§ **Work to complete**
Once every line in the data below has been checked for "newer", give the number of lines that hold it, and only that.

------------------------------

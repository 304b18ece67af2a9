-- ===== src/Sequence/Missing.antt =====
-- `SequenceCheck::GetMissing` names the oldest id of the window that has not been received.
use atem_esp_idf.Prelude.{
  ℕ, zero, suc, ◌+◌, ◌-◌, ◌%◌, ◌^◌, ◌≤◌, ◌<◌, ◌≡◌, ◌⊎◌, inl, inr, refl, ap, sym, subst, ◌∙◌, Bool,
  Option, some, true, bit_and, ◌==◌, ==_iff, if◌then◌else◌, arith, Bool-cases, u16,
}
use atem_esp_idf.Prelude.Bits.{bit, bit_and-mask, bit_all_ones}
use atem_esp_idf.Sequence.Add.{distance, AddsAhead, add-ahead, AddsBehind, add-behind}
use atem_esp_idf.Sequence.{SequenceCheck, add, scan, get_missing, nothing_missing, uint32_max}
use atem_esp_idf.Sequence.Window.{IsValid, bit-cases, nonzero-bit}

-- The id `i` before the head.
abbrev pub id_at : SequenceCheck → ℕ → ℕ
id_at s i = (s.offset + 32768 - i) % 32768

-- What `m` says of the ages from 1 up to `n`: the oldest of them that is missing, or none.
abbrev pub Oldest : SequenceCheck → ℕ → ℕ → Type 0
Oldest s n m =
    (((j : ℕ) → 0 < j → j ≤ n → bit s.received j ≡ 1) × (m ≡ nothing_missing))
    ⊎ ((i : ℕ) × (0 < i)
        × (i ≤ n)
        × (bit s.received i ≡ 0)
        × ((j : ℕ) → i < j → j ≤ n → bit s.received j ≡ 1)
        × (m ≡ id_at s i))

masked :
    (s : SequenceCheck) (i : ℕ)
    → s.offset < 32768
    → i < 32
    → bit_and (u16 (s.offset + 65536 - i)) 0x7FFF ≡ id_at s i
masked s i h k = omega (arith, bit_and-mask 15 (u16 (s.offset + 65536 - i)))

up_to : (P : ℕ → Type 0) (n : ℕ) → P (suc n) → ((j : ℕ) → j ≤ n → P j) → (j : ℕ) → j ≤ suc n → P j
up_to P n top h j le = elim (Bool-cases (j == suc n)) [
  | inl e ↦ subst P (sym ((==_iff j (suc n)).0 e)) top
  | inr e ↦ h j (ground arith)
]

scan-Oldest : (s : SequenceCheck) (n : ℕ) → s.offset < 32768 → n < 32 → Oldest s n (scan s n)
unfolding scan
scan-Oldest s zero h k = inl (λ j p q. absurd (omega arith), refl)
scan-Oldest s (suc n) h k = elim (bit-cases (suc n) s.received) [
  | inl e ↦
      rw (nonzero-bit (suc n) s.received, e, scan)
        (inr
          (suc n, omega arith, omega arith, e, λ j p q. absurd (omega arith), masked s (suc n) h k))
  | inr e ↦
      rw (nonzero-bit (suc n) s.received, e, scan)
        (extend (scan s n) e (scan-Oldest s n h (omega arith)))
]
  where
    extend : (m : ℕ) → bit s.received (suc n) ≡ 1 → Oldest s n m → Oldest s (suc n) m
    extend m e (inl (all, q)) = inl (
      λ j pos le.
          up_to (λ j. 0 < j → bit s.received j ≡ 1) n (λ _. e) (λ j le pos. all j pos le) j le pos,
      q,
    )
    extend m e (inr (i, pos, le, miss, newer, q)) = inr (
      i,
      pos,
      omega arith,
      miss,
      λ j p le.
          up_to (λ j. i < j → bit s.received j ≡ 1) n (λ _. e) (λ j le p. newer j p le) j le p,
      q,
    )

-- `GetMissing` returns the oldest id among the 31 before the head that has not been received, and
-- -1 exactly if there is none.
pub get_missing-Oldest : (s : SequenceCheck) → IsValid s → Oldest s 31 (get_missing s)
unfolding get_missing
get_missing-Oldest s v = elim (Bool-cases (s.received == uint32_max)) [
  | inl e ↦
      let full : s.received ≡ 2 ^ 32 - 1 = (==_iff s.received uint32_max).0 e in
      rw (e, get_missing)
        (inl (λ j p q. ap (λ r. bit r j) full ∙ bit_all_ones 32 j (omega arith), refl))
  | inr e ↦ rw (e, get_missing) (scan-Oldest s 31 v.offset_fits (omega arith))
]

pub ahead_fresh :
    {s : SequenceCheck} {id d : ℕ} {x : Option (Bool × SequenceCheck)} (r : AddsAhead s id d x)
    → 0 < d
    → r.fresh ≡ true
ahead_fresh r pos = elim (Bool-cases r.fresh) [
  | inl e ↦ e
  | inr e ↦ absurd (omega (arith, (r.fresh_iff.0 e).0))
]

behind_fresh :
    {s : SequenceCheck} {id k : ℕ} {x : Option (Bool × SequenceCheck)} (r : AddsBehind s id k x)
    → bit s.received k ≡ 0
    → r.fresh ≡ true
behind_fresh r miss = elim (Bool-cases r.fresh) [
  | inl e ↦ e
  | inr e ↦ absurd (omega (arith, r.fresh_iff.0 e))
]

-- The first id after the head.
abbrev pub next_id : SequenceCheck → ℕ
next_id s = (s.offset + 1) % 32768

Oldest-gap :
    (s t : SequenceCheck) (id d m : ℕ)
    → s.offset < 32768
    → id < 32768
    → distance s id ≡ d
    → 2 ≤ d
    → d < 32
    → t.offset ≡ id
    → ((j : ℕ) → 0 < j → j < d → bit t.received j ≡ 0)
    → ((j : ℕ) → d ≤ j → j < 32 → bit t.received j ≡ 1)
    → Oldest t 31 m
    → m ≡ next_id s
Oldest-gap s t id d m so ido de two far head low high (inl (all, q)) =
    absurd (omega (arith, low 1 (omega arith) (omega arith), all 1 (omega arith) (omega arith)))
Oldest-gap s t id d m so ido de two far head low high (inr (i, pos, le, miss, newer, q)) =
    ground (arith, low i, high i, newer (d - 1), low (d - 1))

-- After a gap in an unbroken stream the request goes to the first id that was skipped: with all
-- of the window received, `Add` of an id 2 to 31 ahead makes `GetMissing` name the id after the
-- old head.
pub get_missing-add_gap :
    (s : SequenceCheck) (id : ℕ)
    → IsValid s
    → id < 32768
    → ((j : ℕ) → j < 32 → bit s.received j ≡ 1)
    → 2 ≤ distance s id
    → distance s id < 32
    → (s' : SequenceCheck) × (add s id ≡ some (true, s')) × (get_missing s' ≡ next_id s)
get_missing-add_gap s id v h full two far = (
  r.after,
  r.returns ∙ ap (λ b. some (b, r.after)) (ahead_fresh r (omega arith)),
  Oldest-gap s r.after id (distance s id) (get_missing r.after) v.offset_fits h refl two far r.head
      r.skipped received (get_missing-Oldest r.after r.valid),
)
  where
    r : AddsAhead s id (distance s id) (add s id)
    r = add-ahead s id v h far

    received : (j : ℕ) → distance s id ≤ j → j < 32 → bit r.after.received j ≡ 1
    received j le lt =
        let e : distance s id + (j - distance s id) ≡ j = omega arith in
        subst (λ i. bit r.after.received i ≡ 1) e
          (r.kept (j - distance s id) (omega arith) (omega arith)
            ∙ full (j - distance s id) (omega arith))

-- How many of the ages 1 to `n` have not been received.
abbrev pub gaps : SequenceCheck → ℕ → ℕ
gaps s zero = 0
gaps s (suc n) = (if bit s.received (suc n) == 0 then 1 else 0) + gaps s n

gaps_same :
    (s t : SequenceCheck) (n : ℕ)
    → ((j : ℕ) → j ≤ n → bit t.received j ≡ bit s.received j)
    → gaps t n ≡ gaps s n
gaps_same s t zero h = refl
gaps_same s t (suc n) h =
    rw (h (suc n) (omega arith), gaps_same s t n (λ j le. h j (omega arith))) refl

gaps_fill :
    (s t : SequenceCheck) (k n : ℕ)
    → 0 < k
    → k ≤ n
    → bit s.received k ≡ 0
    → ((j : ℕ) → bit t.received j ≡ (if k == j then 1 else bit s.received j))
    → gaps t n + 1 ≡ gaps s n
gaps_fill s t k zero pos le miss h = absurd (omega arith)
gaps_fill s t k (suc n) pos le miss h = elim (Bool-cases (k == suc n)) [
  | inl e ↦
      let same : k ≡ suc n = (==_iff k (suc n)).0 e in
      let here : bit t.received (suc n) ≡ 1 = h (suc n) ∙ rw e refl in
      let gone : bit s.received (suc n) ≡ 0 = subst (λ j. bit s.received j ≡ 0) same miss in
      rw (here, gone) (omega (arith, gaps_same s t n (λ j below. h j ∙ ground arith)))
  | inr e ↦
      let here : bit t.received (suc n) ≡ bit s.received (suc n) = h (suc n) ∙ rw e refl in
      rw here (omega (arith, gaps_fill s t k n pos (ground arith) miss h))
]

-- The id that `GetMissing` names is taken when it comes again, as long as the ids have not rolled
-- over since: it is new, the head stays, and one id less is missing.
pub add-get_missing :
    (s : SequenceCheck)
    → IsValid s
    → get_missing s < s.offset
    → (s' : SequenceCheck) × (add s (get_missing s) ≡ some (true, s'))
      × IsValid s'
      × (s'.offset ≡ s.offset)
      × (gaps s' 31 + 1 ≡ gaps s 31)
add-get_missing s v h = fill (get_missing s) h (get_missing-Oldest s v)
  where
    fill :
        (m : ℕ)
        → m < s.offset
        → Oldest s 31 m
        → (s' : SequenceCheck) × (add s m ≡ some (true, s'))
          × IsValid s'
          × (s'.offset ≡ s.offset)
          × (gaps s' 31 + 1 ≡ gaps s 31)
    fill m lt (inl (all, q)) = absurd (omega (arith, v.offset_fits))
    fill m lt (inr (i, pos, le, miss, newer, q)) =
        let age : s.offset - m ≡ i = omega (arith, v.offset_fits) in
        let r = add-behind s m v lt (omega (arith, v.offset_fits)) in
        (
          r.after,
          r.returns ∙ ap (λ b. some (b, r.after)) (behind_fresh r (rw age miss)),
          r.valid,
          r.head,
          gaps_fill s r.after i 31 pos le miss
              (λ j. r.recorded j ∙ ap (λ k. if k == j then 1 else bit s.received j) age),
        )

------------------------------

§ **Task output**
5